= Maoriland Worker =

New Zealand labour journal

The Maoriland Worker, later called The Standard, was a leading New Zealand labour journal of the early 20th century.

It was launched in 1910 by the Shearers' Union and was initially published monthly (Frank Langstone was involved). The newspaper was produced in Christchurch for a short period, with Ettie Rout and Alexander Wildey prominent. It was published by Michael Laracy then General Secretary of the N.Z. Shearers' Union. It was soon taken over by the New Zealand Federation of Labour and became the official organ of the federation.

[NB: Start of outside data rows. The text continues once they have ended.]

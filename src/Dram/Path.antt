-- ===== src/Dram/Path.antt =====
-- src/general/dram.h: the nodes along an address, and what `check` and `update_timing` do there. A
-- node is named by its depth below the root and by the address that leads to it.
pub mod Ready
use vans.Base.{
  ℕ, zero, suc, ◌+◌, ◌≤◌, ◌<◌, ◌≡◌, refl, sym, ap, subst, ◌∙◌, true, false, List, Option, none,
  some, get_or, arith, Bool-cases, inl, inr, ◌⊎◌, ok,
}
use vans.Dram.Ddr4.{Command, Ddr4, level_index, scope}
use vans.Dram.Node.{Node, Dram, Drams, node, nil, cons}
use vans.Dram.Nodes.{Every, EveryChild, every, no_child, each_child}
use vans.Dram.Shape.{Later, Grows, GrowsAll, grown, none_grown, all_grown}
use vans.Dram.Tree.{
  child_id, is_busy, ends_at, check, check_child, own_timing, is_addressed, update_timing,
  update_timings,
}

unfoldable mutual
  pub node_at : ℕ → List ℕ → Dram → Option Node
  node_at zero addr (node n children) = some n
  node_at (suc depth) addr (node n children) = node_in depth addr (child_id n addr) children

  pub node_in : ℕ → List ℕ → ℕ → Drams → Option Node
  node_in depth addr i nil = none
  node_in depth addr zero (cons d ds) = node_at depth addr d
  node_in depth addr (suc i) (cons d ds) = node_in depth addr i ds

-- A child has its place among its siblings as identifier, and a level one below its parent's.
abbrev mutual
  pub Placed : ℕ → ℕ → Dram → Type 0
  Placed l i (node n ds) = (level_index n.level ≡ l) × (n.id ≡ i) × PlacedAll (suc l) 0 ds

  pub PlacedAll : ℕ → ℕ → Drams → Type 0
  PlacedAll l i nil = Unit
  PlacedAll l i (cons d ds) = Placed l i d × PlacedAll l (suc i) ds

pub child_id-at :
    (l : ℕ) (n : Node) (addr : List ℕ)
    → level_index n.level ≡ l
    → get_or addr (suc l) 0 ≡ child_id n addr
child_id-at l n addr e = ap (λ k. get_or addr k 0) (omega arith)

mutual
  pub Grows-Placed : (l i : ℕ) {d e : Dram} → Grows d e → Placed l i d → Placed l i e
  Grows-Placed l i (grown (a, b, c) q) p =
      (ap level_index a ∙ p.0, b ∙ p.1, GrowsAll-Placed (suc l) 0 q p.2)

  pub GrowsAll-Placed : (l i : ℕ) {d e : Drams} → GrowsAll d e → PlacedAll l i d → PlacedAll l i e
  GrowsAll-Placed l i none_grown p = tt
  GrowsAll-Placed l i (all_grown g q) p = (Grows-Placed l i g p.0, GrowsAll-Placed l (suc i) q p.1)

mutual
  unfolding node_at

  pub node_at-Grows :
      (depth : ℕ) (addr : List ℕ) {d e : Dram} {n : Node}
      → Grows d e
      → node_at depth addr d ≡ some n
      → (n' : Node) × (node_at depth addr e ≡ some n') × Later n n'
  node_at-Grows zero addr {n} (grown {n = m} {n' = m'} a q) h =
      let same : m ≡ n = cc in (m', refl, subst (λ x. Later x m') same a)
  node_at-Grows (suc depth) addr (grown {n = m} {n' = m'} a q) h =
      let same : child_id m' addr ≡ child_id m addr =
        ap (λ l. get_or addr (level_index l + 1) 0) a.0 in
      rw same (node_in-Grows depth addr (child_id m addr) q h)

  pub node_in-Grows :
      (depth : ℕ) (addr : List ℕ) (i : ℕ) {ds es : Drams} {n : Node}
      → GrowsAll ds es
      → node_in depth addr i ds ≡ some n
      → (n' : Node) × (node_in depth addr i es ≡ some n') × Later n n'
  node_in-Grows depth addr i none_grown h = cc
  node_in-Grows depth addr zero (all_grown g q) h = node_at-Grows depth addr g h
  node_in-Grows depth addr (suc i) (all_grown g q) h = node_in-Grows depth addr i q h

module _ (P : ℕ → Node → Type 0) where
  mutual
    unfolding node_at

    pub node_at-Every :
        (depth l : ℕ) (addr : List ℕ) {d : Dram} {n : Node}
        → Every P l d
        → node_at depth addr d ≡ some n
        → P (depth + l) n
    node_at-Every zero l addr (every {n = m} p q) h =
        subst (P (0 + l)) (cc) (subst (λ k. P k m) (omega arith) p)
    node_at-Every (suc depth) l addr {n} (every {n = m} p q) h =
        subst (λ k. P k n) (omega arith) (node_in-Every depth (suc l) addr (child_id m addr) q h)

    node_in-Every :
        (depth l : ℕ) (addr : List ℕ) (i : ℕ) {ds : Drams} {n : Node}
        → EveryChild P l ds
        → node_in depth addr i ds ≡ some n
        → P (depth + l) n
    node_in-Every depth l addr i no_child h = cc
    node_in-Every depth l addr zero (each_child v r) h = node_at-Every depth l addr v h
    node_in-Every depth l addr (suc i) (each_child v r) h = node_in-Every depth l addr i r h

module _ (spec : Ddr4) (cmd : Command) (addr : List ℕ) (clk : ℕ) where
  mutual
    unfolding node_at update_timing own_timing

    -- Along the address the nodes take the timing of their own entries.
    pub node_at-update_timing :
        (depth l i : ℕ) (d : Dram) {n : Node}
        → Placed l i d
        → get_or addr l 0 ≡ i
        → node_at depth addr d ≡ some n
        → node_at depth addr (update_timing spec cmd addr clk d) ≡ some (own_timing spec cmd clk n)
    node_at-update_timing zero l i (node m ds) p a h =
        let here : is_addressed m addr ≡ true = ground (arith, ap (λ k. get_or addr k 0) p.0) in
        rw here (ap (λ o. elim o [ none ↦ none | some x ↦ some (own_timing spec cmd clk x) ]) h)
    node_at-update_timing (suc depth) l i (node m ds) p a h =
        let here : is_addressed m addr ≡ true = ground (arith, ap (λ k. get_or addr k 0) p.0) in
        rw here (
          node_in-update_timings depth (suc l) 0 (child_id m addr) ds p.2
            (child_id-at l m addr p.0 ∙ (omega arith)) h)

    node_in-update_timings :
        (depth l b j : ℕ) (ds : Drams) {n : Node}
        → PlacedAll l b ds
        → get_or addr l 0 ≡ b + j
        → node_in depth addr j ds ≡ some n
        → node_in depth addr j (update_timings spec cmd addr clk ds)
          ≡ some (own_timing spec cmd clk n)
    node_in-update_timings depth l b j nil p a h = cc
    node_in-update_timings depth l b zero (cons d ds) p a h =
        node_at-update_timing depth l b d p.0 (a ∙ (omega arith)) h
    node_in-update_timings depth l b (suc j) (cons d ds) p a h =
        node_in-update_timings depth l (suc b) j ds p.1 (a ∙ (omega arith)) h

mutual
  unfolding node_at

  -- Addresses that agree down to a node lead to it.
  pub node_at-agree :
      (depth l i : ℕ) (addr addr' : List ℕ) (d : Dram)
      → Placed l i d
      → ((k : ℕ) → k ≤ l + depth → get_or addr k 0 ≡ get_or addr' k 0)
      → node_at depth addr d ≡ node_at depth addr' d
  node_at-agree zero l i addr addr' (node m ds) p h = refl
  node_at-agree (suc depth) l i addr addr' (node m ds) p h =
      let same : child_id m addr ≡ child_id m addr' =
        h (level_index m.level + 1) (omega (arith, p.0)) in
      rw same (
        node_in-agree depth (suc l) 0 (child_id m addr') addr addr' ds p.2
          (λ k b. h k (omega arith)))

  node_in-agree :
      (depth l b j : ℕ) (addr addr' : List ℕ) (ds : Drams)
      → PlacedAll l b ds
      → ((k : ℕ) → k ≤ l + depth → get_or addr k 0 ≡ get_or addr' k 0)
      → node_in depth addr j ds ≡ node_in depth addr' j ds
  node_in-agree depth l b j addr addr' nil p h = refl
  node_in-agree depth l b zero addr addr' (cons d ds) p h =
      node_at-agree depth l b addr addr' d p.0 h
  node_in-agree depth l b (suc j) addr addr' (cons d ds) p h =
      node_in-agree depth l (suc b) j addr addr' ds p.1 h

mutual
  unfolding node_at

  pub node_at-Placed :
      (depth l i : ℕ) (addr : List ℕ) (d : Dram) {n : Node}
      → Placed l i d
      → node_at depth addr d ≡ some n
      → level_index n.level ≡ l + depth
  node_at-Placed zero l i addr (node m ds) {n} p h =
      let same : m ≡ n = cc in rw (sym same) (omega (arith, p.0))
  node_at-Placed (suc depth) l i addr (node m ds) p h =
      omega (arith, node_in-Placed depth (suc l) 0 (child_id m addr) addr ds p.2 h)

  node_in-Placed :
      (depth l b j : ℕ) (addr : List ℕ) (ds : Drams) {n : Node}
      → PlacedAll l b ds
      → node_in depth addr j ds ≡ some n
      → level_index n.level ≡ l + depth
  node_in-Placed depth l b j addr nil p h = cc
  node_in-Placed depth l b zero addr (cons d ds) p h = node_at-Placed depth l b addr d p.0 h
  node_in-Placed depth l b (suc j) addr (cons d ds) p h =
      node_in-Placed depth l (suc b) j addr ds p.1 h
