-- ===== src/Dram/Path/Ready.antt =====
-- src/general/dram.h, `check`: a command that may be issued finds each node on its way ready.
use vans.Base.{
  ℕ, zero, suc, ◌+◌, ◌≤◌, ◌<◌, ◌≡◌, ap, subst, true, false, List, none, some, arith, Bool-cases,
  inl, inr, ◌⊎◌, ok,
}
use vans.Dram.Ddr4.{Command, level_index, scope}
use vans.Dram.Node.{Node, Dram, Drams, node, nil, cons}
use vans.Dram.Tree.{child_id, is_busy, ends_at, check, check_child}
use vans.Dram.Path.{node_at, node_in, Placed, PlacedAll}

-- Where `check` answers yes, the node is ready, and it is the last one or the child is ready too.
check-ready :
    (cmd : Command) (addr : List ℕ) (clk : ℕ) (n : Node) (ds : Drams)
    → check cmd addr clk (node n ds) ≡ ok true
    → (is_busy cmd clk n ≡ false)
      × ((ends_at cmd n ds ≡ true) ⊎ (check_child cmd addr clk (child_id n addr) ds ≡ ok true))
unfolding check
check-ready cmd addr clk n ds h = elim (Bool-cases (is_busy cmd clk n)) [
  | inl busy ↦ let refused = rw busy at h in cc
  | inr ready ↦ elim (Bool-cases (ends_at cmd n ds)) [
    | inl last ↦ (ready, inl last)
    | inr more ↦ (ready, inr (rw (ready, more) at h))
  ]
]

pub goes_on :
    (cmd : Command) (depth j : ℕ) (addr : List ℕ) (m : Node) (ds : Drams) {n : Node}
    → level_index m.level < level_index (scope cmd)
    → node_in depth addr j ds ≡ some n
    → ends_at cmd m ds ≡ false
unfolding node_at ends_at
goes_on cmd depth j addr m nil s h = cc
goes_on cmd depth j addr m (cons d ds) s h = ground arith

mutual
  unfolding node_at check

  -- A command that may be issued finds each node on its way ready, down to its scope.
  pub node_at-check :
      (cmd : Command) (addr : List ℕ) (clk depth l i : ℕ) (d : Dram) {n : Node}
      → Placed l i d
      → l + depth ≤ level_index (scope cmd)
      → check cmd addr clk d ≡ ok true
      → node_at depth addr d ≡ some n
      → is_busy cmd clk n ≡ false
  node_at-check cmd addr clk zero l i (node m ds) p s c h =
      let same : m ≡ _ = ap (λ o. elim o [ none ↦ m | some x ↦ x ]) h in
      subst (λ x. is_busy cmd clk x ≡ false) same (check-ready cmd addr clk m ds c).0
  node_at-check cmd addr clk (suc depth) l i (node m ds) p s c h =
      elim (check-ready cmd addr clk m ds c).1 [
        | inl last ↦
            let more = goes_on cmd depth (child_id m addr) addr m ds (omega (arith, p.0)) h in cc
        | inr below ↦
            node_in-check_child cmd addr clk depth (suc l) 0 (child_id m addr) ds p.2 (omega arith)
              below h
      ]

  node_in-check_child :
      (cmd : Command) (addr : List ℕ) (clk depth l b j : ℕ) (ds : Drams) {n : Node}
      → PlacedAll l b ds
      → l + depth ≤ level_index (scope cmd)
      → check_child cmd addr clk j ds ≡ ok true
      → node_in depth addr j ds ≡ some n
      → is_busy cmd clk n ≡ false
  node_in-check_child cmd addr clk depth l b j nil p s c h = cc
  node_in-check_child cmd addr clk depth l b zero (cons d ds) p s c h =
      node_at-check cmd addr clk depth l b d p.0 s c h
  node_in-check_child cmd addr clk depth l b (suc j) (cons d ds) p s c h =
      node_in-check_child cmd addr clk depth l (suc b) j ds p.1 s c h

The journal ceased publication in 1960. At the time it was called The Standard, and was published weekly. In 2007, the spirit of the journal was revitalised as an online blog. The Standard, occasionally differentiated as The Standard: Version 2.0, is a co-operative online blog which posts news articles and opinion / think pieces from a left-wing point of view.

==Timeline==
- 1910 – Robert Ross invited by the FOL from Melbourne to edit the paper
- 1911 – Robert Hogg (later editor of New Zealand Truth) was Manager.
- 1913 – Contributors Edward Hunter (Billy Banjo) and Harry Holland charged with sedition.
- 1913–1918 Harry Holland appointed editor.
- 1922 – Publisher John Glover prosecuted (unsuccessfully) for blasphemous libel. New Zealand's only trial to date for blasphemy.
- 1922 - The manager John Glover lent £100 interest free to Walter Nash.
- 1930s - Renamed to "the Standard".
- 1960 - Ceased publication.
- 2007 – The Standard revitalised as an online blog, posting views from a labour-movement perspective.